(TASK TO CARRY OUT)
Every entry in the listing below has to be given again exactly.

(DATA SHOWN)
[Start of section]

-- ===== src/Xml/Container.antt =====
-- A record with one child that holds a list of entries, such as <URLlist> or <HostList>: its entries,
-- its other fields, and how edits of the container change them.
use mathlib.Core.List.{append-nil}
use ha_sophos_fw.Prelude.{
  ◌≤◌, ◌≡◌, refl, sym, ap, ◌∙◌, inl, inr, Bool, true, not, Option, none, some, List, [], ◌∷◌, ◌++◌,
  arith, if◌then◌else◌, Bool-cases, length, is_nil, keep_if, first_where,
}
use ha_sophos_fw.Xml.{Element, children, with_children, edit_first, remove_first, insert_before}
use ha_sophos_fw.Xml.Edits.{
  children-with_children, keep_if-append, first_where-append, first_where-insert_before, others,
  others-insert_before, first_where-edit_first, others-edit_first, others-remove_first,
  first_where-remove_first,
}

items_of : Option Element → List Element
items_of none = []
items_of (some l) = children l

module _ (p : Element → Bool) where
  -- The entries of the first child that passes the test; the children that do not pass it.
  unfoldable pub items : Element → List Element
  unfolding items_of
  items e = items_of (first_where p (children e))

  unfoldable pub fields : Element → List Element
  fields e = others p (children e)

  module _ (e : Element) (cs : List Element) where
    items_at : (o : Option Element) → first_where p cs ≡ o → items (with_children cs e) ≡ items_of o
    unfolding items
    items_at o h = rw (children-with_children, h)

    fields_at : others p cs ≡ others p (children e) → fields (with_children cs e) ≡ fields e
    unfolding fields
    fields_at h = rw children-with_children h

  items_now :
      (e : Element) (o : Option Element) → first_where p (children e) ≡ o → items e ≡ items_of o
  unfolding items
  items_now e o h = rw h

  one_other : (x : Element) → p x ≡ true → others p (x ∷ []) ≡ []
  one_other x h = ground arith

  module _ (e new : Element) (h : first_where p (children e) ≡ none) (is_new : p new ≡ true) where
    -- A new container at the end, or before the first child that passes another test.
    pub append_container :
        let e' = with_children (children e ++ new ∷ []) e in
        (items e' ≡ items e ++ children new) × (fields e' ≡ fields e)
    append_container = (
      unfold items_of in
          items_at e _ (some new) (first_where-append p (children e) new h is_new)
          ∙ ap (λ l. l ++ children new) (sym (items_now e none h)),
      fields_at e _ (
          keep_if-append (λ c. not (p c)) (children e) (new ∷ [])
          ∙ rw (one_other new is_new, append-nil) refl),
    )

    pub insert_container :
        (q : Element → Bool)
        → let e' = with_children (insert_before q new (children e)) e in
          (items e' ≡ items e ++ children new) × (fields e' ≡ fields e)
    insert_container q = (
      unfold items_of in
          items_at e _ (some new) (first_where-insert_before p q new is_new (children e) h)
          ∙ ap (λ l. l ++ children new) (sym (items_now e none h)),
      fields_at e _ (others-insert_before p q new is_new (children e)),
    )

  module _ (e l : Element) (h : first_where p (children e) ≡ some l) where
    pub edit_container :
        (f : Element → Element)
        → ((m : Element) → p (f m) ≡ p m)
        → let e' = with_children (edit_first p f (children e)) e in
          (items e ≡ children l) × (items e' ≡ children (f l)) × (fields e' ≡ fields e)
    unfolding items_of
    edit_container f same = (
      items_now e (some l) h,
      items_at e _ (some (f l)) (first_where-edit_first p f (children e) l same h),
      fields_at e _ (others-edit_first p f (children e) same),
    )

    pub remove_container :
        length (keep_if p (children e)) ≤ 1
        → let e' = with_children (remove_first p (children e)) e in
          (items e' ≡ []) × (fields e' ≡ fields e)
    unfolding items_of
    remove_container one = (
      items_at e _ none (first_where-remove_first p (children e) one),
      fields_at e _ (others-remove_first p (children e)),
    )

-- Dropping the entries that pass a test from a container with the entries `l`: the container goes
-- with its last entry.
pub nil_of {ℓ} : {A : Type ℓ} (l : List A) → is_nil l ≡ true → l ≡ []
nil_of [] h = refl
nil_of (x ∷ l) h = cc

module _ (p q : Element → Bool) (drop : Element → Element)
    (dropped : (m : Element) → children (drop m) ≡ keep_if (λ i. not (q i)) (children m))
    (same : (m : Element) → p (drop m) ≡ p m) (e l : Element) where
  unfoldable pub drop_from : Element
  drop_from =
      if is_nil (children (drop l))
      then with_children (remove_first p (children e)) e
      else with_children (edit_first p drop (children e)) e

  pub drop_from_lem :
      first_where p (children e) ≡ some l
      → length (keep_if p (children e)) ≤ 1
      → (items p drop_from ≡ keep_if (λ i. not (q i)) (items p e))
        × (fields p drop_from ≡ fields p e)
  unfolding drop_from
  drop_from_lem h one =
      let (now, after, kept) = edit_container p e l h drop same in
      let (none_left, kept') = remove_container p e l h one in
      elim (Bool-cases (is_nil (children (drop l)))) [
        | inl empty ↦ rw empty (
          none_left
              ∙ sym (nil_of (children (drop l)) empty)
              ∙ dropped l
              ∙ ap (keep_if (λ i. not (q i))) (sym now),
          kept',
        )
        | inr more ↦ rw more (after ∙ dropped l ∙ ap (keep_if (λ i. not (q i))) (sym now), kept)
      ]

[End of section]

(ANSWER TO THIS TASK)
-- ===== src/Xml/Container.antt =====
-- A record with one child that holds a list of entries, such as <URLlist> or <HostList>: its entries,
-- its other fields, and how edits of the container change them.
use mathlib.Core.List.{append-nil}
use ha_sophos_fw.Prelude.{
  ◌≤◌, ◌≡◌, refl, sym, ap, ◌∙◌, inl, inr, Bool, true, not, Option, none, some, List, [], ◌∷◌, ◌++◌,
  arith, if◌then◌else◌, Bool-cases, length, is_nil, keep_if, first_where,
}
use ha_sophos_fw.Xml.{Element, children, with_children, edit_first, remove_first, insert_before}
use ha_sophos_fw.Xml.Edits.{
  children-with_children, keep_if-append, first_where-append, first_where-insert_before, others,
  others-insert_before, first_where-edit_first, others-edit_first, others-remove_first,
  first_where-remove_first,
}

items_of : Option Element → List Element
items_of none = []
items_of (some l) = children l

module _ (p : Element → Bool) where
  -- The entries of the first child that passes the test; the children that do not pass it.
  unfoldable pub items : Element → List Element
  unfolding items_of
  items e = items_of (first_where p (children e))

  unfoldable pub fields : Element → List Element
  fields e = others p (children e)

  module _ (e : Element) (cs : List Element) where
    items_at : (o : Option Element) → first_where p cs ≡ o → items (with_children cs e) ≡ items_of o
    unfolding items
    items_at o h = rw (children-with_children, h)

    fields_at : others p cs ≡ others p (children e) → fields (with_children cs e) ≡ fields e
    unfolding fields
    fields_at h = rw children-with_children h

  items_now :
      (e : Element) (o : Option Element) → first_where p (children e) ≡ o → items e ≡ items_of o
  unfolding items
  items_now e o h = rw h

  one_other : (x : Element) → p x ≡ true → others p (x ∷ []) ≡ []
  one_other x h = ground arith

  module _ (e new : Element) (h : first_where p (children e) ≡ none) (is_new : p new ≡ true) where
    -- A new container at the end, or before the first child that passes another test.
    pub append_container :
        let e' = with_children (children e ++ new ∷ []) e in
        (items e' ≡ items e ++ children new) × (fields e' ≡ fields e)
    append_container = (
      unfold items_of in
          items_at e _ (some new) (first_where-append p (children e) new h is_new)
          ∙ ap (λ l. l ++ children new) (sym (items_now e none h)),
      fields_at e _ (
          keep_if-append (λ c. not (p c)) (children e) (new ∷ [])
          ∙ rw (one_other new is_new, append-nil) refl),
    )

    pub insert_container :
        (q : Element → Bool)
        → let e' = with_children (insert_before q new (children e)) e in
          (items e' ≡ items e ++ children new) × (fields e' ≡ fields e)
    insert_container q = (
      unfold items_of in
          items_at e _ (some new) (first_where-insert_before p q new is_new (children e) h)
          ∙ ap (λ l. l ++ children new) (sym (items_now e none h)),
      fields_at e _ (others-insert_before p q new is_new (children e)),
    )

  module _ (e l : Element) (h : first_where p (children e) ≡ some l) where
    pub edit_container :
        (f : Element → Element)
        → ((m : Element) → p (f m) ≡ p m)
        → let e' = with_children (edit_first p f (children e)) e in
          (items e ≡ children l) × (items e' ≡ children (f l)) × (fields e' ≡ fields e)
    unfolding items_of
    edit_container f same = (
      items_now e (some l) h,
      items_at e _ (some (f l)) (first_where-edit_first p f (children e) l same h),
      fields_at e _ (others-edit_first p f (children e) same),
    )

    pub remove_container :
        length (keep_if p (children e)) ≤ 1
        → let e' = with_children (remove_first p (children e)) e in
          (items e' ≡ []) × (fields e' ≡ fields e)
    unfolding items_of
    remove_container one = (
      items_at e _ none (first_where-remove_first p (children e) one),
      fields_at e _ (others-remove_first p (children e)),
    )

-- Dropping the entries that pass a test from a container with the entries `l`: the container goes
-- with its last entry.
pub nil_of {ℓ} : {A : Type ℓ} (l : List A) → is_nil l ≡ true → l ≡ []
nil_of [] h = refl
nil_of (x ∷ l) h = cc

module _ (p q : Element → Bool) (drop : Element → Element)
    (dropped : (m : Element) → children (drop m) ≡ keep_if (λ i. not (q i)) (children m))
    (same : (m : Element) → p (drop m) ≡ p m) (e l : Element) where
  unfoldable pub drop_from : Element
  drop_from =
      if is_nil (children (drop l))
      then with_children (remove_first p (children e)) e
      else with_children (edit_first p drop (children e)) e

  pub drop_from_lem :
      first_where p (children e) ≡ some l
      → length (keep_if p (children e)) ≤ 1
      → (items p drop_from ≡ keep_if (λ i. not (q i)) (items p e))
        × (fields p drop_from ≡ fields p e)
  unfolding drop_from
  drop_from_lem h one =
      let (now, after, kept) = edit_container p e l h drop same in
      let (none_left, kept') = remove_container p e l h one in
      elim (Bool-cases (is_nil (children (drop l)))) [
        | inl empty ↦ rw empty (
          none_left
              ∙ sym (nil_of (children (drop l)) empty)
              ∙ dropped l
              ∙ ap (keep_if (λ i. not (q i))) (sym now),
          kept',
        )
        | inr more ↦ rw more (after ∙ dropped l ∙ ap (keep_if (λ i. not (q i))) (sym now), kept)
      ]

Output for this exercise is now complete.